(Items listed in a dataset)

+-------+

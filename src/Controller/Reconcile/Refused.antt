-- ===== src/Controller/Reconcile/Refused.antt =====
-- pkg/controllers/dijob_controller.go: Reconcile, for a job that the validators refuse.
use di_orchestrator.Base.{Option, ◌≡◌, refl, sym, subst, ap, ◌∙◌, none, some, [], ◌∷◌}
use di_orchestrator.Job.{Phase}
use di_orchestrator.Machine.{
  Error, error_text, State, Result, ok, err, panic, Action, Api, after, attempt, pure,
}
use di_orchestrator.Machine.Poll.{PollLaw}
use di_orchestrator.Machine.Along.{
  bind-IsAlong, attempt-IsAlong, Adds-order, Adds, Adds-same, Adds-trans,
}
use di_orchestrator.Status.{update_job_status, failed_reason}
use di_orchestrator.Status.Phases.{Reaches, update_job_status-Reaches}
use di_orchestrator.Status.Cluster.{set_default_job_name_in_cluster, update_phase_in_cluster}
use di_orchestrator.Status.Cluster.Updates.{
  IsUpdate, update_phase_in_cluster-Updates, set_default_job_name_in_cluster-Adds,
}
use di_orchestrator.Utils.Validator.{task_type_name_validator, apply_validators}
use di_orchestrator.Controller.Reconcile.{ignore, refuse_job, reconcile_valid, reconcile_job}

refuse_job-Failed :
    (api : Api) (e : Error) (s : State)
    → PollLaw api
    → Adds IsUpdate s (refuse_job api e s).1
      × ((refuse_job api e s).1.job.status.phase ≡ Phase.failed)
unfolding refuse_job
refuse_job-Failed api e s law =
    go (update_job_status api Phase.failed failed_reason (error_text e) s)
      (update_job_status-Reaches api Phase.failed failed_reason (error_text e) s)
  where
    go :
        (out : Result (Unit {0}) × State)
        → Reaches s out Phase.failed
        → let last = after out (λ _ t. update_phase_in_cluster api s.job t.job t) in
          Adds IsUpdate s last.1 × (last.1.job.status.phase ≡ Phase.failed)
    go (ok a, t) r =
        let u = update_phase_in_cluster-Updates api s.job t.job t law in
        (Adds-trans (Adds-same r.calls_kept) u.0, ap (λ j. j.status.phase) u.1 ∙ r.phase_now)
    go (err x, t) r = cc r.ends_ok
    go (panic, t) r = cc r.ends_ok

-- If the validators refuse the job, once its tasks were given their default names, then Reconcile makes
-- no calls but reads and writes of the job and its status, and events: no pod and no service is created,
-- deleted or listed. The job becomes Failed.
pub reconcile_job_refused :
    (api : Api) (s t : State) (e : Error)
    → PollLaw api
    → ignore (set_default_job_name_in_cluster api) s ≡ (ok tt, t)
    → task_type_name_validator t.job ≡ some e
    → Adds IsUpdate s (reconcile_job api s).1
      × ((reconcile_job api s).1.job.status.phase ≡ Phase.failed)
unfolding reconcile_job apply_validators
reconcile_job_refused api s t e law named refused =
    let (added, failed) = refuse_job-Failed api e t law in
    (
      Adds-trans (subst (λ o. Adds IsUpdate s o.1) named (ignored s))
          (subst (λ o. Adds IsUpdate t o.1) (sym run) added),
      ap (λ o. o.1.job.status.phase) run ∙ failed,
    )
  where
    by_answer : Option Error → Action (Unit {0})
    by_answer o = elim o [ some e ↦ refuse_job api e | none ↦ reconcile_valid api ]

    next : Action (Unit {0})
    next u = by_answer (apply_validators (task_type_name_validator ∷ []) u.job) u

    ignored : (u : State) → Adds IsUpdate u (ignore (set_default_job_name_in_cluster api) u).1
    ignored u =
        bind-IsAlong (Adds-order IsUpdate) (attempt (set_default_job_name_in_cluster api))
          (λ r. pure tt)
          (attempt-IsAlong (Adds-order IsUpdate) (set_default_job_name_in_cluster api)
            (λ v. set_default_job_name_in_cluster-Adds api v law))
          (λ r v. Adds-same refl) u

    applied : apply_validators (task_type_name_validator ∷ []) t.job ≡ some e
    applied = rw (apply_validators, refused) refl

    run : reconcile_job api s ≡ refuse_job api e t
    run = ap (λ o. after o (λ _. next)) named ∙ ap (λ o. by_answer o t) applied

+-------+

About this task: Where the line containing "applied = rw" appears in the records above, begin there and print every line through the last, exactly and with nothing else.

Exercise result:
    applied = rw (apply_validators, refused) refl

    run : reconcile_job api s ≡ refuse_job api e t
    run = ap (λ o. after o (λ _. next)) named ∙ ap (λ o. by_answer o t) applied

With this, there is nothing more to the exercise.